TASK TO CARRY OUT: Single out the lines of the material that contain "next" and copy them.

====== RECORD SET

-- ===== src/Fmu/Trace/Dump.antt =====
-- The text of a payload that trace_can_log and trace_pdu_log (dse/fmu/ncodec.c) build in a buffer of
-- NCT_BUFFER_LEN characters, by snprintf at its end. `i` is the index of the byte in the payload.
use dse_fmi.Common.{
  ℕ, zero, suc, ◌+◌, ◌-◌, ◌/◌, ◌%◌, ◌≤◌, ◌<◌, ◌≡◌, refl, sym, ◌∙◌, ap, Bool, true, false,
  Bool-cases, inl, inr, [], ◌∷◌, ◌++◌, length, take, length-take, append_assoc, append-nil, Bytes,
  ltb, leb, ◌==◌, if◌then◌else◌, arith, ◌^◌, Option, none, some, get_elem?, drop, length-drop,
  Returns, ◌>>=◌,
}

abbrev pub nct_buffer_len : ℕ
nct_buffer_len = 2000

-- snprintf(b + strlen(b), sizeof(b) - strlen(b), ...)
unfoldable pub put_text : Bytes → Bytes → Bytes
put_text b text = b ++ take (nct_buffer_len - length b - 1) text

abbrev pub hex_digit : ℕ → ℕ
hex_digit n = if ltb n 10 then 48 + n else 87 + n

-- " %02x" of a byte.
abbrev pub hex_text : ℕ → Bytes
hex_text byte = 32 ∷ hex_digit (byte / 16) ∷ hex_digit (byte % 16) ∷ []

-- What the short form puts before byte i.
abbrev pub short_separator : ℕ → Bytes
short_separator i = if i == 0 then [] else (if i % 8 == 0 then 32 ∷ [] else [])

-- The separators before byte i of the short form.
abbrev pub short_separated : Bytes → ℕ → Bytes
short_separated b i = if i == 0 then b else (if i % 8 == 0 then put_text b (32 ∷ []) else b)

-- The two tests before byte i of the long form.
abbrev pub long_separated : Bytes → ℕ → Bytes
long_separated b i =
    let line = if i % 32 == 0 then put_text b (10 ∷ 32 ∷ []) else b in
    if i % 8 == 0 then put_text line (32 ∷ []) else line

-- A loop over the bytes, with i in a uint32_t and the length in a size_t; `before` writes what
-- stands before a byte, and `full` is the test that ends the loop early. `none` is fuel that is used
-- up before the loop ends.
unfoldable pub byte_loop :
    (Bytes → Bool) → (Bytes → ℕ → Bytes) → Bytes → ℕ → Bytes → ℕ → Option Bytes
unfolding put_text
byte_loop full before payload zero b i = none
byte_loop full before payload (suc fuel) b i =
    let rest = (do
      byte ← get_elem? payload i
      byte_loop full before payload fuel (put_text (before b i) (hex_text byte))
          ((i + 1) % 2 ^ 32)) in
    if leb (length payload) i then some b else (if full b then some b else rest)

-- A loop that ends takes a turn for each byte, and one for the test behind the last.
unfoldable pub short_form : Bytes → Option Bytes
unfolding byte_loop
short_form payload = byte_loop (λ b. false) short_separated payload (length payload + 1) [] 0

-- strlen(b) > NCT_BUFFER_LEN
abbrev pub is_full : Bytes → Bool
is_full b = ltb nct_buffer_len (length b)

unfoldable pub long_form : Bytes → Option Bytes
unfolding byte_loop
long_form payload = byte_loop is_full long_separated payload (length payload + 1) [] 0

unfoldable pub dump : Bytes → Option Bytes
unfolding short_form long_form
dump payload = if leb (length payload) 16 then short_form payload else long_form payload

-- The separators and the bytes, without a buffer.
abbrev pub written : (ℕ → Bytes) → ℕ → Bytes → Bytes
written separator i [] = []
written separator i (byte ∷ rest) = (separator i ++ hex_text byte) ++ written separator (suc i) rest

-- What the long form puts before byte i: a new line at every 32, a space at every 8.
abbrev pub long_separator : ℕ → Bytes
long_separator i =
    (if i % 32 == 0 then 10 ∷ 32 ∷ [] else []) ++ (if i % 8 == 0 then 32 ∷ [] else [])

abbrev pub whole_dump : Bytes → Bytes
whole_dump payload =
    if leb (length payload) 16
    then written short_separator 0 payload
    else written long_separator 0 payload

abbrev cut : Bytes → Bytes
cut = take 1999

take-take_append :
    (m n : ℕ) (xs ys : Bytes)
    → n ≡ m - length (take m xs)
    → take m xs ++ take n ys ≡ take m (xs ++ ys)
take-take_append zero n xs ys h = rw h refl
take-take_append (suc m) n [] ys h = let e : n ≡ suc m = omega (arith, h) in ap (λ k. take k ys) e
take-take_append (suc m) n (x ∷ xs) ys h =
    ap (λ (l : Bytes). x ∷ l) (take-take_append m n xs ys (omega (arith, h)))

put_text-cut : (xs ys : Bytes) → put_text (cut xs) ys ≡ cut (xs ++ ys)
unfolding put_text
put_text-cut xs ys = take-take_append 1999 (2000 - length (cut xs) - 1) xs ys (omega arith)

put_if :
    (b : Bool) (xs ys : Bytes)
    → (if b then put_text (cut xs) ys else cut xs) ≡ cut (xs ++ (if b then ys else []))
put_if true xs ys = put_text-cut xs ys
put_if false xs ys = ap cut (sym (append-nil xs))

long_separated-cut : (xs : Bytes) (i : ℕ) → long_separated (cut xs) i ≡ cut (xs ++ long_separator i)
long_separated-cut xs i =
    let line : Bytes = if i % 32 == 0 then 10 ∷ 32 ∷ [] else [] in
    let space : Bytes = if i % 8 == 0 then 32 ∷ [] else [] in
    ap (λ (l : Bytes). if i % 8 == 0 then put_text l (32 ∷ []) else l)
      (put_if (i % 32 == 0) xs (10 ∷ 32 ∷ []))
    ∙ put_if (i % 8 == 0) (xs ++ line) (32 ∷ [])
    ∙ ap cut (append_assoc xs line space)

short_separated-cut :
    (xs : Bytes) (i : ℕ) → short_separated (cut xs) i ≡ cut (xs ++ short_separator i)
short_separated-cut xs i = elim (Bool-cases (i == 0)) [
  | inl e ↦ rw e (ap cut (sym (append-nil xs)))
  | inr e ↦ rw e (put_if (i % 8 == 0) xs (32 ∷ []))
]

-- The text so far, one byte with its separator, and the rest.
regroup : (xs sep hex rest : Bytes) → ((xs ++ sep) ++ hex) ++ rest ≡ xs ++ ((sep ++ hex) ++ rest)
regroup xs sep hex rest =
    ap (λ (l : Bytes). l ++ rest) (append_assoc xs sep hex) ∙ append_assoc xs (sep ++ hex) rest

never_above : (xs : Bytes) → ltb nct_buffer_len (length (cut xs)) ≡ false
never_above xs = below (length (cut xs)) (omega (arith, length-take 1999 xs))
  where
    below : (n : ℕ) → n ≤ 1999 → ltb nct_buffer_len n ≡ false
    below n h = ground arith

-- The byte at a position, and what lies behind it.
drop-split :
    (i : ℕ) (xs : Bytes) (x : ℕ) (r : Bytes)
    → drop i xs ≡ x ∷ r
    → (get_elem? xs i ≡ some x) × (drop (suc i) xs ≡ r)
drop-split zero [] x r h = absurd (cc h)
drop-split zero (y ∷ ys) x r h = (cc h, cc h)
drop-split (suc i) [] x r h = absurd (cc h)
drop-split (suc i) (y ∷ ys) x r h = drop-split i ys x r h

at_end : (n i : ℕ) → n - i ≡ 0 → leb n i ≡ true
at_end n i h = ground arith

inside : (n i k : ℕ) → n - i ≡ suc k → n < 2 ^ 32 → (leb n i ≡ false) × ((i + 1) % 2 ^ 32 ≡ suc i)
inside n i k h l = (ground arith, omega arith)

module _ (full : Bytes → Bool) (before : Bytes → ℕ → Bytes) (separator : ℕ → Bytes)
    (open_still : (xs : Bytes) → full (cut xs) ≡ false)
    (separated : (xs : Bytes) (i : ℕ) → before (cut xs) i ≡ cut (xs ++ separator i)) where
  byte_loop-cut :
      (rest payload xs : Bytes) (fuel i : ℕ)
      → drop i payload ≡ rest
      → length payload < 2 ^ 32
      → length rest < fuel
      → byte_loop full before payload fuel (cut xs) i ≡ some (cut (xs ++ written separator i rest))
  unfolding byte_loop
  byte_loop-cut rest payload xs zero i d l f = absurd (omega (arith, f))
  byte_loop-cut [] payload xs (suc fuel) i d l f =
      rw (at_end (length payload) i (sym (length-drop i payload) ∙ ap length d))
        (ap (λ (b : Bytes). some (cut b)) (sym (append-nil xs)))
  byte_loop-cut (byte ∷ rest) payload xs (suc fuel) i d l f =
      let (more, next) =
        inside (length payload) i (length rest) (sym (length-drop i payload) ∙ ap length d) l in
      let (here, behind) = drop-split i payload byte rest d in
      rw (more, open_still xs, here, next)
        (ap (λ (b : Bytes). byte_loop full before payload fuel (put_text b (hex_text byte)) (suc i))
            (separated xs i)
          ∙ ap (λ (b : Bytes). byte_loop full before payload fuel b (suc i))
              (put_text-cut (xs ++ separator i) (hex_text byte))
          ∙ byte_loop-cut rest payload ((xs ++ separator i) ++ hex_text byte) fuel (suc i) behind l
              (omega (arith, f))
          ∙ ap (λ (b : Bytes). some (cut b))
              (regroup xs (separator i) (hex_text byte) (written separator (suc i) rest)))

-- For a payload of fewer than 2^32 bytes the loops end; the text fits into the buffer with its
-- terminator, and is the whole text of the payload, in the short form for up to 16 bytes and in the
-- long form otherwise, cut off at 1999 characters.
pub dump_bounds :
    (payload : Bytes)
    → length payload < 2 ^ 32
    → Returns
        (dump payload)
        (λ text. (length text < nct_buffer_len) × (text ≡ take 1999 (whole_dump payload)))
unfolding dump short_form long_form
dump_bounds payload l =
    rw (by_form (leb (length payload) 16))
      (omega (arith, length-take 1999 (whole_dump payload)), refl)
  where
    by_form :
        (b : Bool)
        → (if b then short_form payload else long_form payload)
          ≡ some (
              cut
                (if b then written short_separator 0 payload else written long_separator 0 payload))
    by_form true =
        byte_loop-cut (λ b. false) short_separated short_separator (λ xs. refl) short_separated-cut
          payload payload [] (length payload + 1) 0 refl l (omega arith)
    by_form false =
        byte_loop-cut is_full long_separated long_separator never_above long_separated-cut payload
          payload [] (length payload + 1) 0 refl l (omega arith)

============

SOLUTION TO THIS TASK:
      let (more, next) =
      rw (more, open_still xs, here, next)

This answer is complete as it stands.